Jan 22, 2018 | Updated: 09:54 AM EDT

AT&T and DirecTV Merger Passes Brazil Antitrust Regulators

Jul 26, 2014 02:59 PM EDT

AT&T and DirecTV's proposed merger has gained significant steam, the company said during its second quarter earnings call.

The deal has passed cleanly through antitrust regulators in Brazil and reviewing committees in three U.S. states, AT&T CFO John Stephens said to investors and analysts Wednesday.

The passage in Brazil is important for DirecTV, which is the largest satellite television provider in Latin America with around 18 million subscribers spread throughout the Central and South Americas. Brazil is one of the fastest growing Latin American economics and has shown a penchant for adopting new technologies. The largest economy in South America, Brazil is already a strong foothold for DirecTV and one that will become another market to conquer for AT&T.

DirecTV owns 93 percent of Sky Brasil, the largest satellite television provider in the country, and has a 41 stake in Sky Mexico. DirecTV also completely owns PanAmericana, which offers channels in Venezuela, Argentina, Colombia, Chile and Puerto Rico.

In fact, 95 percent of DirecTV's subscriber growth over the past few years comes from Latin America.
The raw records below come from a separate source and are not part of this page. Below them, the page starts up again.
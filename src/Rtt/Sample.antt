-- ===== src/Rtt/Sample.antt =====
-- `rtt_on_recv` of shared/net_rtt.h: a sample from the acknowledgement of an inbound datagram.
use battlezone_netcode_patch.Prelude.{
  ℕ, zero, suc, ◌+◌, ◌-◌, ◌/◌, ◌%◌, true, false, not, ◌&&◌, ◌||◌, none, some, List, get_or, set,
  ltb, ◌==◌, if◌then◌else◌, add32, sub32, mul32, add64, inc64,
}
use battlezone_netcode_patch.Prelude.Int.{pos, leb_ℤ}
use battlezone_netcode_patch.Prelude.Scan.{find_index?}
use battlezone_netcode_patch.Reorder.Seq.{seq_cmp}
use battlezone_netcode_patch.Reorder.Wire.{reorder_ack_from_payload}
use battlezone_netcode_patch.Rtt.{
  RttSlot, RttPeer, RttStats, RttCtx, rtt_slots, rtt_max_sample_ms, zero_slot,
}
use battlezone_netcode_patch.Rtt.Peer.{peer_at, outstanding, rtt_get_peer, is_ignored}

unfoldable pub clear_loop : ℕ → ℕ → ℕ → List RttSlot → List RttSlot
clear_loop h i zero slots = slots
clear_loop h i (suc n) slots =
    let j = (h + i) % rtt_slots in
    clear_loop h (i + 1) n (set slots j (record (get_or slots j zero_slot) { used = false }))

-- The `n` oldest slots leave the ring.
unfoldable pub retire : RttPeer → ℕ → RttPeer
retire p n = record p {
  slots = clear_loop p.head 0 n p.slots;
  head = (p.head + n) % rtt_slots;
  used = sub32 p.used n;
}

unfoldable pub lower : ℕ → ℕ → ℕ
lower m r = if m == 0 || ltb r m then r else m

unfoldable pub higher : ℕ → ℕ → ℕ
higher m r = if ltb m r then r else m

unfoldable pub smooth : RttPeer → ℕ → RttPeer
smooth p r =
    let delta = if ltb p.srtt_ms r then sub32 r p.srtt_ms else sub32 p.srtt_ms r in
    if not p.srtt_init
    then record p { srtt_ms = r; rttvar_ms = r / 2; srtt_init = true }
    else record p {
      rttvar_ms = add32 (mul32 3 p.rttvar_ms) delta / 4;
      srtt_ms = add32 (mul32 7 p.srtt_ms) r / 8;
    }

unfoldable pub count_sample : RttPeer → ℕ → RttPeer
count_sample p r =
    smooth
      (record p {
        samples = inc64 p.samples;
        sum_ms = add64 p.sum_ms r;
        min_ms = lower p.min_ms r;
        max_ms = higher p.max_ms r;
        win_samples = inc64 p.win_samples;
        win_sum_ms = add64 p.win_sum_ms r;
        win_min_ms = lower p.win_min_ms r;
        win_max_ms = higher p.win_max_ms r;
      })
      r

-- The value returned, 0 for no sample, with the acknowledged slot `s` already out of the ring.
unfoldable pub take_sample : RttStats → RttPeer → RttSlot → ℕ → ℕ × RttStats × RttPeer
take_sample st p s now =
    if s.ambiguous
    then (0, record st { discarded_ambig = inc64 st.discarded_ambig }, p)
    else if ltb now s.sent_ms || ltb rtt_max_sample_ms (now - s.sent_ms)
    then (0, record st { discarded_range = inc64 st.discarded_range }, p)
    else (
      now - s.sent_ms,
      record st { samples = inc64 st.samples },
      count_sample p (now - s.sent_ms),
    )

unfoldable pub acknowledge : RttStats → RttPeer → ℕ → ℕ → ℕ × RttStats × RttPeer
acknowledge st p ack now = elim (find_index? (λ (s : RttSlot). s.seq == ack) (outstanding p)) [
  | none ↦ (0, record st { unmatched = inc64 st.unmatched }, p)
  | some k ↦
      take_sample st (retire p (k + 1)) (get_or p.slots ((p.head + k) % rtt_slots) zero_slot) now
]

unfoldable pub recv_ack : RttStats → RttPeer → ℕ → ℕ → ℕ × RttStats × RttPeer
recv_ack st p ack now =
    if p.ack_init && leb_ℤ (seq_cmp ack p.last_ack) (pos 0)
    then (0, st, p)
    else acknowledge (record st { acks_seen = inc64 st.acks_seen })
        (record p { last_ack = ack; ack_init = true }) ack now

unfoldable pub rtt_on_recv : RttCtx → ℕ → List ℕ → ℕ → ℕ → ℕ × RttCtx
rtt_on_recv c addr pay len now =
    if is_ignored c addr len
    then (0, c)
    else let (i, c') = rtt_get_peer c addr now in
      let (r, st, p) = recv_ack c'.st (peer_at c' i) (reorder_ack_from_payload pay) now in
      (r, record c' { peers = set c'.peers i p; st = st })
The region, however, has yet to pay significant dividends, accounting for 20 percent of the company's revenue.

"DIRECTV is the best option for us because they have the premier brand in pay TV, the best content relationships, and a fast-growing Latin American business," AT&T CEO and Chairman Randall Stephenson said.
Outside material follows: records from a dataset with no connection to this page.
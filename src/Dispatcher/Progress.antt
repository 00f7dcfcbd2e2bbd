-- ===== src/Dispatcher/Progress.antt =====
-- A worker that waits for a slot gets one.
use talki_llm_admission_sche.Base.{
  ℕ, zero, suc, ◌+◌, ◌≤◌, ◌<◌, ◌≡◌, refl, ap, ◌∙◌, leb, Bool, String, true, false, Bool-cases, inl,
  inr, Option, some, arith,
}
use talki_llm_admission_sche.Redis.{Env, IsRedis, World, Keyspace, M, ok, pure, ◌>>=◌}
use talki_llm_admission_sche.Keys.{slots_in_use, slots_capacity}
use talki_llm_admission_sche.Python.{counting_errors}
use talki_llm_admission_sche.Scripts.{evalsha_claim_slot}
use talki_llm_admission_sche.Scripts.Atomic.{has_room, claimed as taken, claim_lem}
use talki_llm_admission_sche.Dispatcher.{Worker, Claim, try_claim, claim_loop, claimed, is_claimed}

counted :
    {A : Type 0} (operation : String) (m : M A) (w v : World) (a : A)
    → m w ≡ (ok a, v)
    → counting_errors operation m w ≡ (ok (some a), v)
unfolding counting_errors
counted operation m w v a h = ap (λ p. counting_errors operation (λ _. p) w) h

pub bound :
    {A B : Type 0} (m : M A) (f : A → M B) (w v : World) (a : A)
    → m w ≡ (ok a, v)
    → (m >>= f) w ≡ f a v
bound m f w v a h = ap (λ p. ((λ _. p) >>= f) w) h

module _ (env : Env) (wk : Worker) (j ts : String) (redis : IsRedis env.srv) (w : World)
    (up : env.down w.step ≡ false) where
  -- One try, with a free slot and without one.
  pub try_claim_room :
      has_room wk.model (env.others w.step w.keys) ≡ true
      → try_claim env wk j ts w ≡ (
        ok (some 1),
        record w { keys = taken wk.model j ts (env.others w.step w.keys); step = suc w.step },
      )
  unfolding try_claim
  try_claim_room room =
      counted "evalsha_claim_slot"
        (evalsha_claim_slot env (slots_in_use wk.model) (slots_capacity wk.model) j ts) w
        (record w { keys = taken wk.model j ts (env.others w.step w.keys); step = suc w.step }) 1
        (unfold evalsha_claim_slot in
          rw (up, claim_lem env.srv wk.model j ts (env.others w.step w.keys) redis, room) refl)

  pub try_claim_full :
      has_room wk.model (env.others w.step w.keys) ≡ false
      → try_claim env wk j ts w
        ≡ (ok (some 0), record w { keys = env.others w.step w.keys; step = suc w.step })
  unfolding try_claim
  try_claim_full full =
      counted "evalsha_claim_slot"
        (evalsha_claim_slot env (slots_in_use wk.model) (slots_capacity wk.model) j ts) w
        (record w { keys = env.others w.step w.keys; step = suc w.step }) 0
        (unfold evalsha_claim_slot in
          rw (up, claim_lem env.srv wk.model j ts (env.others w.step w.keys) redis, full) refl)

-- A worker that waits for a slot claims one, if Redis answers every command, the worker is not stopped
-- and a slot is free from the command `n` on, whatever the other clients have done before; for this the
-- loop needs no more rounds than there are commands until then, and one.
pub claim_loop_claims :
    (rounds n : ℕ) (env : Env) (wk : Worker) (j : String) (w : World)
    → IsRedis env.srv
    → ((k : ℕ) → env.down k ≡ false)
    → ((k : ℕ) → wk.stopped k ≡ false)
    → ((k : ℕ) (s : Keyspace) → n ≤ k → has_room wk.model (env.others k s) ≡ true)
    → 0 < rounds
    → n < w.step + rounds
    → (claim_loop rounds env wk j w).0 ≡ ok claimed
unfolding claim_loop
claim_loop_claims zero n env wk j w redis up going free some_round enough =
    absurd (omega (arith, some_round))
claim_loop_claims (suc rounds) n env wk j w redis up going free some_round enough =
    let answered = λ (answer : Option ℕ). elim (is_claimed answer) as (λ _. M Claim) [
      | true ↦ pure claimed
      | false ↦ claim_loop rounds env wk j
    ] in
    let ts = env.iso_now w.step in
    let left = record w { keys = env.others w.step w.keys; step = suc w.step } in
    elim (Bool-cases (has_room wk.model (env.others w.step w.keys))) [
      | inl room ↦ rw (going w.step) (
          ap (λ p. p.0)
            (bound (try_claim env wk j ts) answered w
              (record w {
                keys = taken wk.model j ts (env.others w.step w.keys);
                step = suc w.step;
              })
              (some 1) (try_claim_room env wk j ts redis w (up w.step) room)))
      | inr full ↦
          let later = before n w.step (free w.step w.keys) full in
          rw (going w.step) (
            ap (λ p. p.0)
              (bound (try_claim env wk j ts) answered w left (some 0)
                (try_claim_full env wk j ts redis w (up w.step) full))
            ∙ claim_loop_claims rounds n env wk j left redis up going free
                (omega (arith, later, enough)) (omega (arith, enough)))
    ]
  where
    before : {b : Bool} (m k : ℕ) → (m ≤ k → b ≡ true) → b ≡ false → k < m
    before m k h e = elim (Bool-cases (leb m k)) [
      | inl t ↦ let g : m ≤ k = ground (arith, t) in let e2 = h g in absurd (cc (e, e2))
      | inr t ↦ ground (arith, t)
    ]
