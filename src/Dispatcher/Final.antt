-- ===== src/Dispatcher/Final.antt =====
-- What the dispatcher writes at the end of a job, by how its forwarding ended.
use talki_llm_admission_sche.Base.{List, [], ◌∷◌, String}
use talki_llm_admission_sche.Base.Int.{pos}
use talki_llm_admission_sche.Base.Decimal.{str}
use talki_llm_admission_sche.State.{JobStatus, ErrorClass, status_value, error_value}
use talki_llm_admission_sche.Keys.{job, lease, inflight, slots_in_use}
use talki_llm_admission_sche.Redis.{Command, Fields, hset, expire, publish, decr, zrem, delete}
use talki_llm_admission_sche.Dispatcher.{
  Forwarded, responded, http_status_error, timeout_exception, connect_error, other_exception,
  cancelled, first_chars, status_error_class,
}

-- The status with which a job ends, by how its forwarding ended.
abbrev pub final_status : Forwarded → JobStatus
final_status (responded r target) = JobStatus.completed
final_status (http_status_error code message) = JobStatus.failed
final_status (timeout_exception message) = JobStatus.failed
final_status (connect_error message) = JobStatus.failed
final_status (other_exception message) = JobStatus.failed
final_status cancelled = JobStatus.cancelled

abbrev pub failure_fields : ErrorClass → String → Fields
failure_fields e message =
    ("error_class", error_value e) ∷ ("error_message", first_chars 500 message) ∷ []

-- The fields that are written with the status and the time.
abbrev pub outcome_fields : Forwarded → Fields
outcome_fields (responded r target) = ("response_blob", r.blob) ∷ []
outcome_fields (http_status_error code message) =
    ("error_class", error_value (status_error_class code))
    ∷ ("error_message", first_chars 500 message)
    ∷ ("http_status", str (pos code))
    ∷ []
outcome_fields (timeout_exception message) = failure_fields ErrorClass.backend_timeout message
outcome_fields (connect_error message) = failure_fields ErrorClass.network_error message
outcome_fields (other_exception message) = failure_fields ErrorClass.backend_5xx message
outcome_fields cancelled = []

abbrev pub final_commands : Forwarded → String → String → String → List Command
final_commands f model job_id ts =
    hset (job job_id)
      (("status", status_value (final_status f)) ∷ ("complete_ts", ts) ∷ outcome_fields f)
    ∷ expire (job job_id) 3600
    ∷ publish job_id (status_value (final_status f))
    ∷ decr (slots_in_use model)
    ∷ zrem (inflight model) job_id
    ∷ delete (lease job_id)
    ∷ []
"DIRECTV's satellite platform's broad reach remains advantaged when compared with cable and telco in Latin America," reads a May press release. "Latin America has an underpenetrated pay TV market (about 40 percent of households subscribe to pay TV) and a growing middle class, and is DIRECTV's fastest growing."

The almost-$50 billion deal is currently undergoing regulatory scrutiny to ascertain whether the merger would have harmful effects such as higher prices on the consumer. Three U.S. states -- Louisiana, Arizona and Hawaii -- have also gone through the deal and not suggested any changes. When AT&T announced its intention to acquire DirecTV, the company stated, "The merger is subject to approval by DIRECTV shareholders and review by the U.S. Federal Communications Commission, U.S. Department of Justice, a few U.S. states and some Latin American countries. The transaction is expected to close within approximately 12 months."
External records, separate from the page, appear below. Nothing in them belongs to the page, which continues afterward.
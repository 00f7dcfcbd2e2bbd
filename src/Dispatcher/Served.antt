-- ===== src/Dispatcher/Served.antt =====
-- What the dispatcher sends for a job when Redis answers every command and no other client interferes.
use talki_llm_admission_sche.Base.{
  ℕ, suc, ◌≡◌, refl, ap, ◌∙◌, true, false, Bool-cases, ◌⊎◌, inl, inr, Option, some, List, [], ◌∷◌,
  String, str_eq,
}
use talki_llm_admission_sche.Base.Int.{ℤ, pos}
use talki_llm_admission_sche.Keys.Equality.{key_eq_refl}
use talki_llm_admission_sche.Keys.{Key, job, lease, inflight, queue, update}
use talki_llm_admission_sche.Redis.{
  World, Keyspace, Command, Fields, documented, calm, run_all, setex, zadd, nonempty, M, ok, pure,
  bzpopmin,
}
use talki_llm_admission_sche.Redis.Hash
use talki_llm_admission_sche.Redis.Zset
use talki_llm_admission_sche.Redis.Zset.{Zset}
use talki_llm_admission_sche.Dispatcher.{
  Worker, Job, Forwarded, responded, http_status_error, timeout_exception, connect_error,
  other_exception, cancelled, settle, forward_job, mark_completed, mark_failed, mark_cancelled,
  release_slot, publish_status, field, payload_of, run_job, with_hash, dispatch, claim_loop,
  after_claim, run_once, try_claim, claimed, Claim, is_claimed, wait_for_slot_and_claim, serve_item,
  lease_ttl,
}
use talki_llm_admission_sche.Scripts.Atomic.{has_room, claimed as taken}
use talki_llm_admission_sche.Dispatcher.Progress.{bound, try_claim_room}
use talki_llm_admission_sche.Python.{or_text, counting_errors}
use talki_llm_admission_sche.EventLog.{build_dispatched_event, emit}
use talki_llm_admission_sche.Dispatcher.Final.{final_commands}

-- The text of the priority is empty, or a number.
abbrev pub IsPriority : Worker → String → Type 0
IsPriority wk t =
    (str_eq t "" ≡ true) ⊎ ((str_eq t "" ≡ false) × (n : ℤ) × (wk.parse_int t ≡ some n))

put-nonempty : (f v : String) (h : Fields) → nonempty (Hash.put f v h) ≡ true
put-nonempty f v [] = refl
put-nonempty f v ((g, w) ∷ h) = elim (Bool-cases (str_eq g f)) [
  | inl e ↦ rw e refl
  | inr e ↦ rw e refl
]

pub update_at {ℓ} : {A : Type ℓ} (t : Key → A) (k : Key) (a : A) → update t k a k ≡ a
update_at t k a = rw (key_eq_refl k) refl

module _ (iso : ℕ → String) (ns : ℕ → ℕ) (sha : String → String) (wk : Worker) where
  settled_keys :
      (j : Job) (wait_s : ℕ) (payload : String) (w : World) (f : Forwarded)
      → wk.forward w.step payload ≡ f
      → (forward_job (calm documented iso ns sha) wk j wait_s payload w).1.keys
        ≡ run_all documented (final_commands f wk.model j.job_id (iso w.step)) w.keys
  unfolding forward_job settle mark_completed mark_failed mark_cancelled publish_status release_slot
  settled_keys j wait_s payload w (responded r target) h = rw (h, settle) refl
  settled_keys j wait_s payload w (http_status_error code message) h = rw (h, settle) refl
  settled_keys j wait_s payload w (timeout_exception message) h = rw (h, settle) refl
  settled_keys j wait_s payload w (connect_error message) h = rw (h, settle) refl
  settled_keys j wait_s payload w (other_exception message) h = rw (h, settle) refl
  settled_keys j wait_s payload w cancelled h = rw (h, settle) refl

  -- The job of a hash, as the dispatcher reads it.
  abbrev read_job : String → Fields → ℤ → Job
  read_job job_id job_hash priority = record {
    job_id = job_id;
    request_id = field "request_id" job_hash;
    model = or_text (field "model" job_hash) wk.model;
    caller = field "caller" job_hash;
    priority = priority;
  }

  run_job_keys :
      (job_id : String) (job_hash : Fields) (w : World)
      → IsPriority wk (field "priority" job_hash)
      → (run_job (calm documented iso ns sha) wk job_id job_hash w).1.keys
        ≡ run_all documented
            (final_commands
              (wk.forward w.step (payload_of wk job_hash))
              wk.model
              job_id
              (iso w.step))
            w.keys
  unfolding run_job emit build_dispatched_event
  run_job_keys job_id job_hash w (inl e) =
      rw e (settled_keys (read_job job_id job_hash (pos 5)) _ (payload_of wk job_hash) _ _ refl)
  run_job_keys job_id job_hash w (inr (given, n, read)) =
      rw (given, read)
        (settled_keys (read_job job_id job_hash n) _ (payload_of wk job_hash) _ _ refl)

  abbrev pub lease_commands : String → ℕ → List Command
  lease_commands job_id now =
      setex (lease job_id) (lease_ttl wk.model_cfg) wk.worker_id
      ∷ zadd (inflight wk.model) (pos now) job_id
      ∷ []

  -- How the backend answers the job, when its lease is written and its hash read.
  abbrev pub answer_at : ℕ → Fields → Forwarded
  answer_at step job_hash = wk.forward (suc (suc step)) (payload_of wk job_hash)

  abbrev leased : String → World → World
  leased job_id w = record w {
    keys = run_all documented (lease_commands job_id (ns w.step)) w.keys;
    step = suc (suc w.step);
  }

  dispatched :
      (job_id : String) (w : World)
      → dispatch (calm documented iso ns sha) wk job_id w
        ≡ with_hash
            (calm documented iso ns sha)
            wk
            job_id
            (some (w.keys.hashes (job job_id)))
            (leased job_id w)
  unfolding dispatch counting_errors
  dispatched job_id w = refl

  with_hash_run :
      (job_id : String) (x : String × String) (job_hash h : Fields) (w : World)
      → h ≡ x ∷ job_hash
      → with_hash (calm documented iso ns sha) wk job_id (some h) w
        ≡ run_job (calm documented iso ns sha) wk job_id (x ∷ job_hash) w
  unfolding with_hash
  with_hash_run job_id x job_hash h w e =
      ap (λ f. with_hash (calm documented iso ns sha) wk job_id (some f) w) e

  dispatch_keys :
      (job_id : String) (job_hash : Fields) (w : World)
      → nonempty job_hash ≡ true
      → w.keys.hashes (job job_id) ≡ job_hash
      → IsPriority wk (field "priority" job_hash)
      → (dispatch (calm documented iso ns sha) wk job_id w).1.keys
        ≡ run_all documented
            (final_commands (answer_at w.step job_hash) wk.model job_id (iso (suc (suc w.step))))
            (run_all documented (lease_commands job_id (ns w.step)) w.keys)
  dispatch_keys job_id [] w some_field hash reads = absurd (cc)
  dispatch_keys job_id (x ∷ job_hash) w some_field hash reads =
      ap (λ p. p.1.keys)
        (dispatched job_id w
          ∙ with_hash_run job_id x job_hash (w.keys.hashes (job job_id)) (leased job_id w) hash)
      ∙ run_job_keys job_id (x ∷ job_hash) (leased job_id w) reads

  claim_at_once :
      (rounds : ℕ) (job_id : String) (w : World)
      → wk.stopped w.step ≡ false
      → has_room wk.model w.keys ≡ true
      → claim_loop (suc rounds) (calm documented iso ns sha) wk job_id w ≡ (
        ok claimed,
        record w { keys = taken wk.model job_id (iso w.step) w.keys; step = suc w.step },
      )
  unfolding claim_loop
  claim_at_once rounds job_id w going room =
      let answered = λ (answer : Option ℕ). elim (is_claimed answer) as (λ _. M Claim) [
        | true ↦ pure claimed
        | false ↦ claim_loop rounds (calm documented iso ns sha) wk job_id
      ] in
      let after = record w {
        keys = taken wk.model job_id (iso w.step) w.keys;
        step = suc w.step;
      } in
      rw going (
        bound (try_claim (calm documented iso ns sha) wk job_id (iso w.step)) answered w after
          (some 1)
          (try_claim_room (calm documented iso ns sha) wk job_id (iso w.step) (λ c s. refl) w refl
            room))

  -- The data when the job is popped, when it is claimed, and when it has ended.
  abbrev pub popped : Keyspace → Keyspace
  popped s = (documented (bzpopmin (queue wk.model)) s).1

  pub run_once_item :
      (rounds : ℕ) (score : ℤ) (job_id : String) (rest : Zset) (w : World)
      → w.keys.zsets (queue wk.model) ≡ (score, job_id) ∷ rest
      → run_once rounds (calm documented iso ns sha) wk w
        ≡ wait_for_slot_and_claim rounds
            (calm documented iso ns sha)
            wk
            job_id
            (record w { keys = popped w.keys; step = suc w.step })
  unfolding run_once serve_item counting_errors
  run_once_item rounds score job_id rest w queued =
      ap
        (λ z.
          serve_item rounds (calm documented iso ns sha) wk (Zset.first z)
            (record w { keys = popped w.keys; step = suc w.step }))
        queued

  -- The hash of the job when it has been claimed.
  abbrev pub claimed_hash : String → ℕ → Keyspace → Fields
  claimed_hash job_id step s =
      Hash.put_all (("status", "dispatched") ∷ ("dispatch_ts", iso step) ∷ [])
        (s.hashes (job job_id))

  abbrev pub served : String → ℕ → Forwarded → Keyspace → Keyspace
  served job_id step f s =
      run_all documented (final_commands f wk.model job_id (iso (suc (suc (suc (suc step)))))) (
        run_all documented (lease_commands job_id (ns (suc (suc step))))
          (taken wk.model job_id (iso (suc step)) (popped s)))

  waits :
      (rounds : ℕ) (job_id : String) (w : World)
      → wk.stopped w.step ≡ false
      → has_room wk.model w.keys ≡ true
      → wait_for_slot_and_claim (suc rounds) (calm documented iso ns sha) wk job_id w
        ≡ dispatch
            (calm documented iso ns sha)
            wk
            job_id
            (record w { keys = taken wk.model job_id (iso w.step) w.keys; step = suc w.step })
  unfolding wait_for_slot_and_claim after_claim
  waits rounds job_id w going room =
      bound (claim_loop (suc rounds) (calm documented iso ns sha) wk job_id)
        (after_claim (calm documented iso ns sha) wk job_id) w
        (record w { keys = taken wk.model job_id (iso w.step) w.keys; step = suc w.step }) claimed
        (claim_at_once rounds job_id w going room)

  -- The worker's turn, command by command: the job is popped, claimed, leased, forwarded and settled.
  pub run_once-served :
      (rounds : ℕ) (score : ℤ) (job_id : String) (rest : Zset) (w : World)
      → w.keys.zsets (queue wk.model) ≡ (score, job_id) ∷ rest
      → wk.stopped (suc w.step) ≡ false
      → has_room wk.model w.keys ≡ true
      → IsPriority wk (field "priority" (claimed_hash job_id (suc w.step) w.keys))
      → (run_once (suc rounds) (calm documented iso ns sha) wk w).1.keys
        ≡ served job_id w.step
            (answer_at (suc (suc w.step)) (claimed_hash job_id (suc w.step) w.keys))
            w.keys
  run_once-served rounds score job_id rest w queued going room reads =
      let start = record w { keys = popped w.keys; step = suc w.step } in
      let held = record start {
        keys = taken wk.model job_id (iso (suc w.step)) (popped w.keys);
        step = suc (suc w.step);
      } in
      ap (λ p. p.1.keys)
        (run_once_item (suc rounds) score job_id rest w queued
          ∙ waits rounds job_id start going room)
      ∙ dispatch_keys job_id (claimed_hash job_id (suc w.step) w.keys) held
          (put-nonempty "dispatch_ts" (iso (suc w.step))
            (Hash.put "status" "dispatched" (w.keys.hashes (job job_id))))
          (update_at w.keys.hashes (job job_id) (claimed_hash job_id (suc w.step) w.keys)) reads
Lawmakers are in the midst of reviewing a Comcast-Time Warner merger as well, and face the near certainty of reviewing another merger between Sprint and T-Mobile. Still, AT&T believes that it has a shot at getting regulatory approval.

"This is not Comcast/Time Warner, this is not two cable companies getting together, this is not Sprint and T-Mobile," Stephenson told a House Judiciary Committee panel in June.

"We're putting (DirecTV's satellite) TV product with our broadband wireless product. ... There is not a content player per se in this transaction."